Ask Ben: CFHttp For Web Mining And Image Hot Linking
I like the pornography and I trying to create a rather large library of it on my file server at home. I have build my own ColdFusion spider which crawls over adult web sites and downloads free graphics and videos. I am having a problem with CFHttp where only some of the content is downloaded. Most of it shows up as some weird "not available" graphic; however, when I go to the URL in question, the graphics show up fine and I can right-click and save. Am I not using CFHttp correctly?
Let me just start off by saying that you must be careful about copyright laws with this sort of thing. I don't know the laws, but just be careful about what you are "grabbing" from other company's web sites. Remember that you are not only taking their content, you are also using their bandwidth which can impact their file-transfer limits.
That being said, it sounds like you are using ColdFusion CFHttp correctly. The problem here lies on the target server that is serving up the requested graphics or videos. What you are doing is sometimes referred to as web mining or image hot linking.
Web Mining is just a generic terms for gathering information off of the web is some sort of systematic, usually automated fashion. Image hot linking is when you display on your site an image that is located under another domain (and probably on another server). Unfortunately the server administrators don't want you "stealing" their images and bandwidth and that "not available" image that is showing a lot of the time is their attempt to stop you from grabbing content that they paid for and server from their site.
So, how do you get around this issue? First, you have to understand how hot linking it being prevented (in most cases). Thomas Scott does a good job on A List Apart of explaining how to check the user's referrer url to block hot linking. There are times, I find, when a server is doing something more complicated, that I cannot crack, but those servers are few and far between and are generally large servers that handle, specifically, file-serving.
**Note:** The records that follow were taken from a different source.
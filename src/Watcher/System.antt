-- ===== src/Watcher/System.antt =====
-- pkg/watcher/watcher.go: a started watcher as a whole. The polling goroutine, the workers, the
-- context and one call of Stop take their steps in any order.
pub mod Sound
pub mod Shutdown
pub mod Stop
pub mod Again
use garden_evm_watcher.Common.{
  ℕ, suc, ◌-◌, ◌<◌, ◌≡◌, ◌≢◌, Error, Panic, wrapped, ascii, Bool, true, false, List, [], ◌∷◌,
  Option, none, some, Outcome, ok, err, panic,
}
use garden_evm_watcher.Watcher.Types.{Watcher, Quit, open_quit, closed_quit}
use garden_evm_watcher.Watcher.Dispatch.{Moment, receive, any_done}
use garden_evm_watcher.Watcher.Loop.{
  LoopEvent, ctx_done, ticked, quit_closed, LoopState, selecting, awaiting_workers,
  returned_from_loop, crashed_loop, start, after_poll, loop_step, workers_left, stop_begin,
  stop_end,
}

-- Where Start leaves the goroutine: a panic of `time.NewTicker` ends the process.
abbrev pub begun : Outcome (Unit {0}) → LoopState
begun (ok u) = selecting
begun (err e) = returned_from_loop
begun (panic p) = crashed_loop p

-- The call of Stop: not made, in `watcherWg.Wait()`, or returned.
pub data StopState : Type 0 where
  not_called : StopState
  waiting : StopState
  came_back : Outcome (Unit {0}) → StopState

abbrev pub called : Outcome (Unit {0}) → StopState
called (ok u) = waiting
called (err e) = came_back (err e)
called (panic p) = came_back (panic p)

pub record System (H : Type 0) : Type 0 where
  pub watcher : Watcher H
  pub loop : LoopState
  pub stop : StopState
  pub canceled : Bool

module _ {H : Type 0} where
  -- After Start.
  unfoldable pub started : Watcher H → System H
  started w = record {
    watcher = (start w).1;
    loop = begun (start w).0;
    stop = not_called;
    canceled = false;
  }

  abbrev pub looped : LoopState × Watcher H → System H → System H
  looped (l, w) s = record s { watcher = w; loop = l }

  abbrev pub stopping : Outcome (Unit {0}) × Watcher H → System H → System H
  stopping (r, w) s = record s { watcher = w; stop = called r }

  -- `defer w.workerWg.Done()`
  abbrev pub without_worker : Watcher H → Watcher H
  without_worker w = record w { workers = w.workers - 1 }

  pub data Step (s : System H) : System H → Type 0 where
    cancels : Step s (record s { canceled = true })
    -- while the context is not done, or until it is during the poll
    polls :
        (t : ℕ) (ms : List Moment)
        → s.loop ≡ selecting
        → s.canceled ≡ false
        → Step s (looped (loop_step (ticked t ms) s.watcher) (record s { canceled = any_done ms }))
    -- a tick that is chosen although the context is done: `BlockNumber(ctx)` fails
    polls_in_vain :
        (e : Error)
        → s.loop ≡ selecting
        → s.canceled ≡ true
        → Step s (
            looped
              (after_poll (err (wrapped (ascii "failed to get latest block number") e), s.watcher))
              s)
    sees_cancel :
        s.loop ≡ selecting → s.canceled ≡ true → Step s (looped (loop_step ctx_done s.watcher) s)
    sees_quit :
        s.loop ≡ selecting
        → s.watcher.quit ≡ closed_quit
        → Step s (looped (loop_step quit_closed s.watcher) s)
    waits_for_workers :
        (r : LoopState × Watcher H)
        → s.loop ≡ awaiting_workers
        → workers_left s.watcher ≡ some r
        → Step s (looped r s)
    worker_receives :
        (n : ℕ)
        → 0 < s.watcher.workers
        → Step s (record s { watcher = record s.watcher { traffic = receive n s.watcher.traffic } })
    -- the context is done, or the channel is closed and empty, or a handler returned
    -- context.Canceled
    worker_sees_cancel :
        s.canceled ≡ true → Step s (record s { watcher = without_worker s.watcher })
    worker_sees_end :
        s.watcher.traffic.closed ≡ true
        → s.watcher.traffic.queue ≡ []
        → Step s (record s { watcher = without_worker s.watcher })
    worker_gives_up : Step s (record s { watcher = without_worker s.watcher })
    calls_stop : s.stop ≡ not_called → Step s (stopping (stop_begin s.watcher) s)
    stop_returns :
        (r : Outcome (Unit {0}) × Watcher H)
        → s.stop ≡ waiting
        → stop_end s.watcher ≡ some r
        → Step s (record s { watcher = r.1; stop = came_back r.0 })

  -- A panic of the goroutine ends the process.
  abbrev pub IsAlive : System H → Type 0
  IsAlive s = (p : Panic) → s.loop ≢ crashed_loop p

  -- Any number of steps.
  pub data From (first : System H) : System H → Type 0 where
    at_start : From first first
    after : {s t : System H} → From first s → IsAlive s → Step s t → From first t

  abbrev pub Reachable : Watcher H → System H → Type 0
  Reachable w = From (started w)

  pub From-trans : (r s t : System H) → From r s → From s t → From r t
  From-trans r s _ f at_start = f
  From-trans r s _ f (after {s = y} g alive step) = after (From-trans r s y f g) alive step

  pub selecting-IsAlive : (s : System H) → s.loop ≡ selecting → IsAlive s
  selecting-IsAlive s now p e = cc
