-- ===== src/Watcher/Delivery.antt =====
-- pkg/watcher/watcher.go: a running watcher with the jobs of its workers and the database that their
-- handlers write.
pub mod Chain
pub mod Filtering
pub mod Frame
pub mod Flow
pub mod Reached
pub mod Handled
pub mod Waiting
pub mod Settles
pub mod Catchup
pub mod Lossless
use garden_evm_watcher.Common.{
  ℕ, ◌≡◌, ◌<◌, List, [], ◌∷◌, ◌++◌, length, drop, Exec, Option, none, some, Panic, Bool, true,
  false,
}
use garden_evm_watcher.Ethereum.{Log}
use garden_evm_watcher.Watcher.Types.{Watcher, EventJob}
use garden_evm_watcher.Watcher.Worker.{WorkerState, returned_from_worker, crashed_worker, after_job}
use garden_evm_watcher.Watcher.Loop.{selecting}
use garden_evm_watcher.Watcher.System.{
  System, Step, IsAlive, started, without_worker, worker_gives_up,
}

-- `taken` are the jobs that the workers have received and whose handlers have not run, `handled`
-- those whose handlers have, in the order in which they did.
pub record Service (H Db : Type 0) : Type 0 where
  pub system : System H
  pub taken : List (EventJob H)
  pub handled : List (EventJob H)
  pub crash : Option Panic
  pub db : Db

abbrev pub worker_done : {H : Type 0} → WorkerState → System H → System H
worker_done returned_from_worker s = record s { watcher = without_worker s.watcher }
worker_done _ s = s

abbrev pub crash_of : WorkerState → Option Panic
crash_of (crashed_worker p) = some p
crash_of _ = none

-- The step of a worker that gives up belongs to the call of its handler here.
abbrev pub is_cancellation : {H : Type 0} {s t : System H} → Step s t → Bool
is_cancellation worker_gives_up = true
is_cancellation _ = false

module _ {H Db : Type 0} (call : H → Log → Exec Db (Unit {0})) where
  -- What the workers have received in a step.
  abbrev pub arrivals : System H → System H → List (EventJob H)
  arrivals s t = drop (length s.watcher.traffic.received) t.watcher.traffic.received

  -- Where the worker stands after the call of a job's handler.
  abbrev pub worker_state : EventJob H → Db → WorkerState
  worker_state job db = (after_job job (call job.handler job.event db)).0

  -- A step of the watcher, or `job.Handler(ctx, job.Event)` of any job that a worker has: several
  -- workers finish in any order. A call is one step, as it writes to the database once at most. A
  -- worker whose handler returned context.Canceled leaves, and a panic ends the process.
  pub data ServiceStep (v : Service H Db) : Service H Db → Type 0 where
    moves :
        (t : System H)
        → (step : Step v.system t) → is_cancellation step ≡ false
        → ServiceStep v (record v { system = t; taken = v.taken ++ arrivals v.system t })
    handles :
        (xs ys : List (EventJob H)) (job : EventJob H)
        → v.taken ≡ xs ++ job ∷ ys
        → ServiceStep v (record v {
          system = worker_done (worker_state job v.db) v.system;
          taken = xs ++ ys;
          handled = v.handled ++ job ∷ [];
          db = (call job.handler job.event v.db).1;
          crash = crash_of (worker_state job v.db);
        })

  abbrev pub opened : Watcher H → Db → Service H Db
  opened w db = record { system = started w; taken = []; handled = []; crash = none; db = db }

  -- The process has not ended.
  abbrev pub IsUp : Service H Db → Type 0
  IsUp v = (v.crash ≡ none) × IsAlive v.system

  -- The loop selects, the context is not done, a worker is left, and the process goes on.
  pub record IsRunning (v : Service H Db) : Type 0 where
    pub now : v.system.loop ≡ selecting
    pub not_done : v.system.canceled ≡ false
    pub busy : 0 < v.system.watcher.workers
    pub whole : v.crash ≡ none

  -- Any number of steps.
  pub data ServiceFrom (first : Service H Db) : Service H Db → Type 0 where
    at_start : ServiceFrom first first
    after :
        {u v : Service H Db} → ServiceFrom first u → IsUp u → ServiceStep u v → ServiceFrom first v

  abbrev pub ServiceReachable : Watcher H → Db → Service H Db → Type 0
  ServiceReachable w db = ServiceFrom (opened w db)

  pub ServiceFrom-trans :
      (u v x : Service H Db) → ServiceFrom u v → ServiceFrom v x → ServiceFrom u x
  ServiceFrom-trans u v _ f at_start = f
  ServiceFrom-trans u v _ f (after {u = y} g up step) = after (ServiceFrom-trans u v y f g) up step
Ok, so now to the nitty gritty. To overcome this "issue," you have to extend your ColdFusion CFHttp method a bit to set browser variables sent in the CGI object. Let's work with an example. Say you are trying to grab the image:
WARNING: Adult Image
... off of the page:
WARNING: Adult Site
... we want to perform a ColdFusion CFHttp grab using the target PAGE as the referrer for the image grab. This way, we can fool the server into thinking that we are a user on the page viewing their images (after all, your browser is just making requests to the server for images like we are). Additionally, you will want to change the user agent as ColdFusion sends its own user agent by default in the CFHttp call:
<cfhttp url="http://www.donovanphillips.com/galleries/ncg/fawn01/FawnNCG1-0033.JPG" method="GET" useragent="Mozilla/5.0 (Windows; U; Windows NT 5.1; en-US; rv:184.108.40.206) Gecko/20060308 Firefox/220.127.116.11" getasbinary="yes" result="objHttp"> <!--- Set referrer params. In this case, we want to override the referrer. ---> <cfhttpparam type="CGI" name="http_referer" value="http://www.donovanphillips.com/galleries/ncg/fawn01/index.php" encoded="false" /> </cfhttp>
As you can see, we set the user agent to be some flavor of the Mozilla Firefox browser and the referrer is the page upon which the image was originally linked. Now, as I said before, this does NOT work all the time, but it does work a good amount of the time. What you do with the binary image data (stored in objHttp.FileContent in the above example) is up to you. Be sure to check that the image is valid before you try to do anything with it:
<!--- Check to see if we found the image. ---> <cfif ( FindNoCase( "200", objHttp.Statuscode ) AND FindNoCase( "image", objHttp.Responseheader["Content-Type"] ) )> <!--- We have an image. ---> <cfelse> <!--- Blast! The image didn't come through. ---> </cfif>
If you want to see this in action, please check out my ColdFusion CFHttp example in my ColdFusion Snippets section.
Want to use code from this post? Check out the license.
I'm trying to pull my typepad rss feed into an CFM document. I haven't had any luck doing this with Cold Fusion. So I created a php file on my server that pulls my typepad RSS feed. The php file works fine by itself, but I'm having a devil of a time getting it to be included in a cfm page.
When I use CFINCLUDE, it apparently just reads it as text and tries to process it as coldfusion... which doesn't work. How do I get it to look at the php file, process it, and then bring the results into my CFM page?
ColdFusion will not inherently excute a PHP page. There are ways to run some PHP in ColdFusion, but I have never done that. You can either try to get it to work in ColdFusion (RSS reading), or use the PHP file to write an XML file that ColdFusion reads in and parses maybe?